Assurément, dans la hiérarchie des chaînes, des services, des sociétés de production et autres salons professionnels, le fameux plafond de verre qui limite l’accession des femmes aux postes de responsabilités demeure épais. Pour autant, certaines sont parvenues à le briser. La preuve avec Paule Revelle, ancien bras droit de Charles Biétry et premier administrateur du service des sports de Canal +, Anne-Sophie de Kristoffy, qui succéda, en février 2008, à Charles Villeneuve à la tête de celui de TF1, ou Lise Cosimi-Breant, directrice de la Broadcast Academy* et seule femme à siéger au sein du comité exécutif d’Infront Sports & Media, l’agence suisse de marketing sportif propriétaire de Host Broadcast Services (HBS), l’opérateur hôte de la Coupe du monde de la Fifa.
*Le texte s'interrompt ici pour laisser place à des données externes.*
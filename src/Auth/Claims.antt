-- ===== src/Auth/Claims.antt =====
-- The claims of `_verify_token`, and `_user_from_claims`, of app/bl/services/auth.py.
use network_gateway_api.Prelude.{
  Bool, true, false, not, ◌&&◌, ◌||◌, Option, none, some, String, str_eq, if◌then◌else◌, Outcome,
  ok, err,
}
use network_gateway_api.Prelude.Int.{Float}
use network_gateway_api.Value.{
  Value, Items, Fields, str, list, dict, nil, cons, get_value, truthy, is_empty, is_null,
}
use network_gateway_api.Text.{append}
use network_gateway_api.Identity.{
  GatewayRole, Roles, no_roles, with_role, AuthenticatedUser, entra, AuthError, http, unexpected,
}
use network_gateway_api.Auth.Settings.{AuthSettings, role_of}
use network_gateway_api.Auth.Numbers.{number, no_number, as_number, float_leb, float_ltb}

abbrev pub invalid_token : AuthError
invalid_token = http 401 "Invalid bearer token."

abbrev pub invalid_roles : AuthError
invalid_roles = http 401 "Token does not contain valid application roles."

-- `value == text`
abbrev pub is_str : String → Value → Bool
is_str text (str s) = str_eq s text
is_str text _ = false

abbrev pub is_optional : Option String → Value → Bool
is_optional (some text) value = is_str text value
is_optional none value = is_null value

abbrev pub contains : String → Items → Bool
contains text nil = false
contains text (cons v items) = is_str text v || contains text items

-- `audience in audiences` of a list, and `audiences == audience` otherwise
abbrev pub has_audience : String → Value → Bool
has_audience audience (list items) = contains audience items
has_audience audience value = is_str audience value

-- `exp` is a number and not `exp <= now`
abbrev pub is_unexpired : Float → Value → Bool
is_unexpired now value = elim (as_number value) [
  | number t ↦ not (float_leb t now)
  | no_number ↦ false
]

-- Not both a number and `nbf > now`
abbrev pub is_begun : Float → Value → Bool
is_begun now value = elim (as_number value) [ number t ↦ not (float_ltb now t) | no_number ↦ true ]

abbrev pub has_nonce : Option String → Value → Bool
has_nonce none value = true
has_nonce (some nonce) value = is_str nonce value

abbrev pub text_of_optional : Option String → String
text_of_optional none = "None"
text_of_optional (some text) = text

abbrev pub issuer_of : AuthSettings → String
issuer_of settings =
    append "https://login.microsoftonline.com/"
      (append (text_of_optional settings.tenant_id) "/v2.0")

-- The condition at the end of `_verify_token`, negated
unfoldable pub claims_hold : AuthSettings → String → Option String → Float → Fields → Bool
claims_hold settings audience nonce now claims =
    is_str (issuer_of settings) (get_value "iss" claims)
    && is_optional settings.tenant_id (get_value "tid" claims)
    && has_audience audience (get_value "aud" claims)
    && is_unexpired now (get_value "exp" claims)
    && is_begun now (get_value "nbf" claims)
    && has_nonce nonce (get_value "nonce" claims)

-- Whether `role not in {...}` can tell: a list or a dict has no hash.
abbrev pub is_hashable : Value → Bool
is_hashable (list _) = false
is_hashable (dict _) = false
is_hashable _ = true

abbrev pub role_value : Value → Option GatewayRole
role_value (str text) = role_of text
role_value _ = none

-- The roles of a list, if all are roles; the first item that is none ends the search.
unfoldable pub roles_of : Items → Outcome AuthError Roles
roles_of nil = ok no_roles
roles_of (cons v items) = elim (role_value v) [
  | none ↦ if is_hashable v then err invalid_roles else err unexpected
  | some role ↦ elim (roles_of items) [ err e ↦ err e | ok roles ↦ ok (with_role role roles) ]
]

-- `a or b`
abbrev pub or_else : Value → Value → Value
or_else a b = if truthy a then a else b

-- `_user_from_claims`, with Python's `str` of a value that is no text
module _ (text_of : Value → String) (settings : AuthSettings) where
  abbrev as_text : Value → String
  as_text (str s) = s
  as_text v = text_of v

  abbrev email_of : Value → Option String
  email_of (str s) = some s
  email_of _ = none

  abbrev pub user_of : Fields → String → Roles → AuthenticatedUser
  user_of claims subject roles = record {
    subject = subject;
    tenant_id = settings.tenant_id;
    name = as_text (
        or_else (or_else (get_value "name" claims) (get_value "preferred_username" claims))
          (str subject));
    email = email_of (or_else (get_value "email" claims) (get_value "preferred_username" claims));
    roles = roles;
    auth_mode = entra;
  }

  -- With the subject that was found
  unfoldable pub user_with : Fields → Roles → Value → Outcome AuthError AuthenticatedUser
  user_with claims roles (str subject) =
      if is_empty subject then err invalid_token else ok (user_of claims subject roles)
  user_with claims roles _ = err invalid_token

  unfoldable pub user_from_roles : Fields → Value → Outcome AuthError AuthenticatedUser
  unfolding roles_of user_with
  user_from_roles claims (list (cons v items)) = elim (roles_of (cons v items)) [
    | err e ↦ err e
    | ok roles ↦ user_with claims roles (or_else (get_value "oid" claims) (get_value "sub" claims))
  ]
  user_from_roles claims _ = err invalid_roles

  unfoldable pub user_from_claims : Fields → Outcome AuthError AuthenticatedUser
  unfolding user_from_roles
  user_from_claims claims = user_from_roles claims (get_value "roles" claims)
La preuve, aussi, avec Barbara Slater, ancienne gymnaste de haut niveau, nommée en février 2009 à la tête du service des sports de la BBC, après avoir parcouru une carrière de vingt-sept ans à la « Beeb », Sophie Jordan, numéro deux de beIN Sports France, ou Amparo Di Fede, directrice générale et cheville ouvrière du Sportel de Monaco, la convention internationale annuelle du sport business et des médias. De même, la présentation des magazines, le casting au bord des pelouses et des pistes ou près des grilles de départ de la formule 1, sinon le négoce des droits sportifs, ont parfois de nos jours des allures de gynécée.
Cependant, à côté de cette représentation plus affirmée des femmes à l’écran, sinon dans les salons professionnels et les sphères du pouvoir cathodique, jugée au demeurant cosmétique par certains pour autant que celle-ci résulte parfois des impulsions données par la loi (respect de quotas), qu’en est-il de leur situation dans les professions techniques et artistiques en lien avec l’industrie du sport télévisé ?
Peu de femmes sur les postes techniques…
Selon la Ficam, 30 % de femmes travaillent dans le secteur de l’audiovisuel, tous postes confondus. Bien qu’il n’existe pas de statistiques sexuées se rapportant aux seuls métiers du sport télévisé, il n’est pas douteux que les femmes y sont, dans l’ensemble, largement sous-représentées. Et ce alors que leur part dans la population française est de 52 %, dans la population active de 47 % et que le public de la télévision est majoritairement féminin. Pour s’en convaincre, « il n’y a qu’à regarder autour des cars quand toute l’équipe se regroupe avant la prise d’antenne », abonde une intermittente. « Il est extrêmement fréquent qu’on se retrouve seule au milieu de trente ou quarante hommes », décrypte l’une de ses collègues.
Du côté des prestataires, « nos efforts de féminisation, notamment dès l’entrée des salariés en contrat d’alternance, ont peu d’effet », admet-on chez AMP Visual TV. Même son de cloche chez Euro Media, qui compte 190 salariés permanents dont 39 femmes. « Les fonctions techniques, qui représentent une large proportion de nos effectifs, sont majoritairement masculines.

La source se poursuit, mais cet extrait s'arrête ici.